You can replace “the medical industrial complex” here and elsewhere with “Western medicine,” “settler colonial conceptions of health and wellness,” or any number of equally pejorative but accurate phrases.
Your first dealings with the medical industrial complex revolve around your asthma. You’re hospitalized for it for the first time when you’re age 5, or 7, or maybe 8 years old, all of which would be good times for the doctors to ask you about your mental, social, and familial health.
They don’t.
Instead of meeting with a social worker or child psychologist (either of whom would make your life tremendously better or tremendously worse, with no possible in-between), you’ll be sent home with inhalers and a cool little rubberized tube, clear in the middle, cerulean at the ends. You might imagine a pinkish equivalent given to cis girls, but you’d only assume this because the rest of your dealings with the medical industrial complex will be so fucking gendered.
You’ll start seeing mental health professionals when you’re age 19, or 20, or maybe 22 years old (you’ll spend those years so intoxicated, you’ll remember too little, though the uglier truth is it’s maybe psychosomatic—a word/concept you’ll come to consider hopelessly out of touch). For over a decade, you’ll see more therapists than you can count, and almost every single one will be a straight, cisgender white woman. To them, you’ll be something of a sensitive, effeminate buffoon—well, that’s the gender you’ll be performing at the time. (Buffoon can be a gender, though the medical industrial complex has no place on its forms where that could possibly be noted.)

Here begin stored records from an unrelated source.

-- ===== src/Finalize/Leftovers.antt =====
-- What `drain_all` does with the queued jobs, within its deadline and after it.
use mathlib.Core.List.{reverse_aux, reverse_aux-append}
use mathlib.Core.Path.{subst}
use wardex_sdk.Prelude.{
  ℕ, zero, suc, ◌+◌, ◌≡◌, ◌∙◌, refl, sym, ap, Bool, true, false, Option, none, some, List, [], ◌∷◌,
  ◌++◌, map, length, length-append, take, drop, arith, if◌then◌else◌,
}
use wardex_sdk.Finalize.Queue.{FinalizeQueue, Job, Finish, ran, fell_back, pop_left, fallback_now}
use wardex_sdk.Finalize.Drain.{
  Leftover, keep, fallback, is_foreign, reset_in_flight, run_one, run_until, fall_back_all,
  finish_leftover, drain_all,
}
use wardex_sdk.Assembly.Integrity.{Limitation}

-- The jobs begun within the budget, and those it leaves.
abbrev pub begun : Option ℕ → List Job → List Job
begun none js = js
begun (some n) js = take n js

abbrev pub left : Option ℕ → List Job → List Job
left none js = []
left (some n) js = drop n js

-- What a drain is: what is queued afterwards, what has been finished, in which order, and how many.
pub record IsDrained (before : List Finish) (queued : List Job) (done : List Finish)
    (result : FinalizeQueue × ℕ) : Type 0 where
  pub entries_are : result.0.entries ≡ queued
  pub finished_are : result.0.finished ≡ reverse_aux done before
  pub number_is : result.1 ≡ length done

IsDrained-first :
    (q r : FinalizeQueue) (f : Finish) (queued : List Job) (done : List Finish)
    (result : FinalizeQueue × ℕ)
    → r.finished ≡ f ∷ q.finished
    → IsDrained r.finished queued done result
    → IsDrained q.finished queued (f ∷ done) (result.0, result.1 + 1)
IsDrained-first q r f queued done result e h = record {
  entries_are = h.entries_are;
  finished_are = h.finished_are ∙ ap (reverse_aux done) e;
  number_is = omega (arith, h.number_is);
}

-- The queue after one job is run.
run_first : (j : Job) (rest : List Job) (q : FinalizeQueue) → FinalizeQueue
unfolding run_one pop_left
run_first j rest q = run_one j (pop_left (j ∷ rest) q)

run_until-IsDrained :
    (budget : Option ℕ) (js : List Job) (q : FinalizeQueue)
    → q.entries ≡ js
    → IsDrained q.finished (left budget js) (map ran (begun budget js)) (run_until budget js q)
unfolding run_until run_one pop_left
run_until-IsDrained none [] q e = record { entries_are = e; finished_are = refl; number_is = refl }
run_until-IsDrained (some zero) [] q e = record {
  entries_are = e;
  finished_are = refl;
  number_is = refl;
}
run_until-IsDrained (some (suc n)) [] q e = record {
  entries_are = e;
  finished_are = refl;
  number_is = refl;
}
run_until-IsDrained (some zero) (j ∷ rest) q e = record {
  entries_are = e;
  finished_are = refl;
  number_is = refl;
}
run_until-IsDrained (some (suc n)) (j ∷ rest) q e =
    let r = run_one j (pop_left (j ∷ rest) q) in
    IsDrained-first q r (ran j) (drop n rest) (map ran (take n rest)) (run_until (some n) rest r)
      refl (run_until-IsDrained (some n) rest r refl)
run_until-IsDrained none (j ∷ rest) q e =
    let r = run_one j (pop_left (j ∷ rest) q) in
    IsDrained-first q r (ran j) [] (map ran rest) (run_until none rest r) refl
      (run_until-IsDrained none rest r refl)

fall_back_all-IsDrained :
    (js : List Job) (q : FinalizeQueue)
    → q.entries ≡ js
    → IsDrained q.finished []
        (map (fell_back Limitation.parse_skipped_at_shutdown) js)
        (fall_back_all js q)
unfolding fall_back_all fallback_now pop_left
fall_back_all-IsDrained [] q e = record { entries_are = e; finished_are = refl; number_is = refl }
fall_back_all-IsDrained (j ∷ rest) q e =
    let popped = record (pop_left (j ∷ rest) q) { shut_down = q.shut_down + 1 } in
    let r = fallback_now Limitation.parse_skipped_at_shutdown j popped in
    IsDrained-first q r (fell_back Limitation.parse_skipped_at_shutdown j) []
      (map (fell_back Limitation.parse_skipped_at_shutdown) rest) (fall_back_all rest r) refl
      (fall_back_all-IsDrained rest r refl)

-- A reset leaves the jobs as they are.
same_if :
    (b : Bool) (q r : FinalizeQueue)
    → ◌≡◌ {A = List Job × List Finish} (r.entries, r.finished) (q.entries, q.finished)
    → ◌≡◌ {A = List Job × List Finish}
        ((if b then r else q).entries, (if b then r else q).finished)
        (q.entries, q.finished)
same_if true q r e = e
same_if false q r e = refl

reset-same :
    (pid : ℕ) (q : FinalizeQueue)
    → ◌≡◌ {A = List Job × List Finish}
        ((reset_in_flight pid q).entries, (reset_in_flight pid q).finished)
        (q.entries, q.finished)
unfolding reset_in_flight
reset-same pid q =
    same_if (is_foreign pid q.in_flight_pid) q (record q { in_flight = 0; in_flight_pid = none })
      refl

-- What is left queued, and what is done with the jobs that the deadline left.
abbrev pub queued_after : Leftover → List Job → List Job
queued_after keep js = js
queued_after fallback js = []

abbrev pub done_after : Leftover → List Job → List Finish
done_after keep js = []
done_after fallback js = map (fell_back Limitation.parse_skipped_at_shutdown) js

append_none : (fs : List Finish) → fs ++ [] ≡ fs
append_none [] = refl
append_none (f ∷ fs) = ap (λ gs. f ∷ gs) (append_none fs)

finish_leftover-IsDrained :
    (leftover : Leftover) (q r : FinalizeQueue) (n : ℕ) (queued : List Job) (done : List Finish)
    → IsDrained q.finished queued done (r, n)
    → IsDrained q.finished
        (queued_after leftover queued)
        (done ++ done_after leftover queued)
        (finish_leftover leftover (r, n))
unfolding finish_leftover
finish_leftover-IsDrained keep q r n queued done h = record {
  entries_are = h.entries_are;
  finished_are = h.finished_are ∙ ap (λ fs. reverse_aux fs q.finished) (sym (append_none done));
  number_is = h.number_is ∙ ap length (sym (append_none done));
}
finish_leftover-IsDrained fallback q r n queued done h =
    let fell = λ (js : List Job). map (fell_back Limitation.parse_skipped_at_shutdown) js in
    let ended = fall_back_all-IsDrained r.entries r refl in
    let same : done ++ fell r.entries ≡ done ++ fell queued =
      ap (λ js. done ++ fell js) h.entries_are in
    record {
      entries_are = ended.entries_are;
      finished_are =
          ended.finished_are
          ∙ ap (reverse_aux (fell r.entries)) h.finished_are
          ∙ sym (reverse_aux-append done (fell r.entries) q.finished)
          ∙ ap (λ fs. reverse_aux fs q.finished) same;
      number_is = omega (
        arith,
        h.number_is,
        ended.number_is,
        length-append done (fell r.entries),
        ap length same,
      );
    }

-- Within its budget a drain runs the queued jobs from the oldest on. Those left then stay queued,
-- or are finished without their parse, marked as skipped at shutdown, so that none is queued. Each is
-- finished once, and the number returned is that of all finished jobs.
pub drain_all-IsDrained :
    (pid : ℕ) (budget : Option ℕ) (leftover : Leftover) (q : FinalizeQueue)
    → IsDrained q.finished
        (queued_after leftover (left budget q.entries))
        (map ran (begun budget q.entries) ++ done_after leftover (left budget q.entries))
        (drain_all pid budget leftover q)
unfolding drain_all
drain_all-IsDrained pid budget leftover q =
    let reset = reset_in_flight pid q in
    let first = run_until-IsDrained budget reset.entries reset refl in
    let ended =
      finish_leftover-IsDrained leftover reset (run_until budget reset.entries reset).0
        (run_until budget reset.entries reset).1 (left budget reset.entries)
        (map ran (begun budget reset.entries)) first in
    subst
      (λ p.
        IsDrained p.1 (queued_after leftover (left budget p.0))
          (map ran (begun budget p.0) ++ done_after leftover (left budget p.0))
          (drain_all pid budget leftover q))
      (reset-same pid q) ended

Because they’re cishet white women, and because the stories you’re drawn to up until that age are written by white gay men who portray cishet women as both enviable and irreparably damaged, or else by women of color who portray white women as both malevolent and sympathetic, you’ll simultaneously envy, distrust, pity, and want to heal them—these women who are supposed to be helping you heal (heal your mind, heal your brain, heal your heart; the medical industrial complex doesn’t have a decent metaphor for this; you’ll eventually prefer something like “soul”). You’ll always feel this way when you meet white, or cis, or straight people, which is why you’ll need to avoid them at all costs.
You’re trans. I.e.: you have too much empathy, and yet you have no choice but to conserve it.
Still, these women won’t be the reason you’ll be unable to tell your story.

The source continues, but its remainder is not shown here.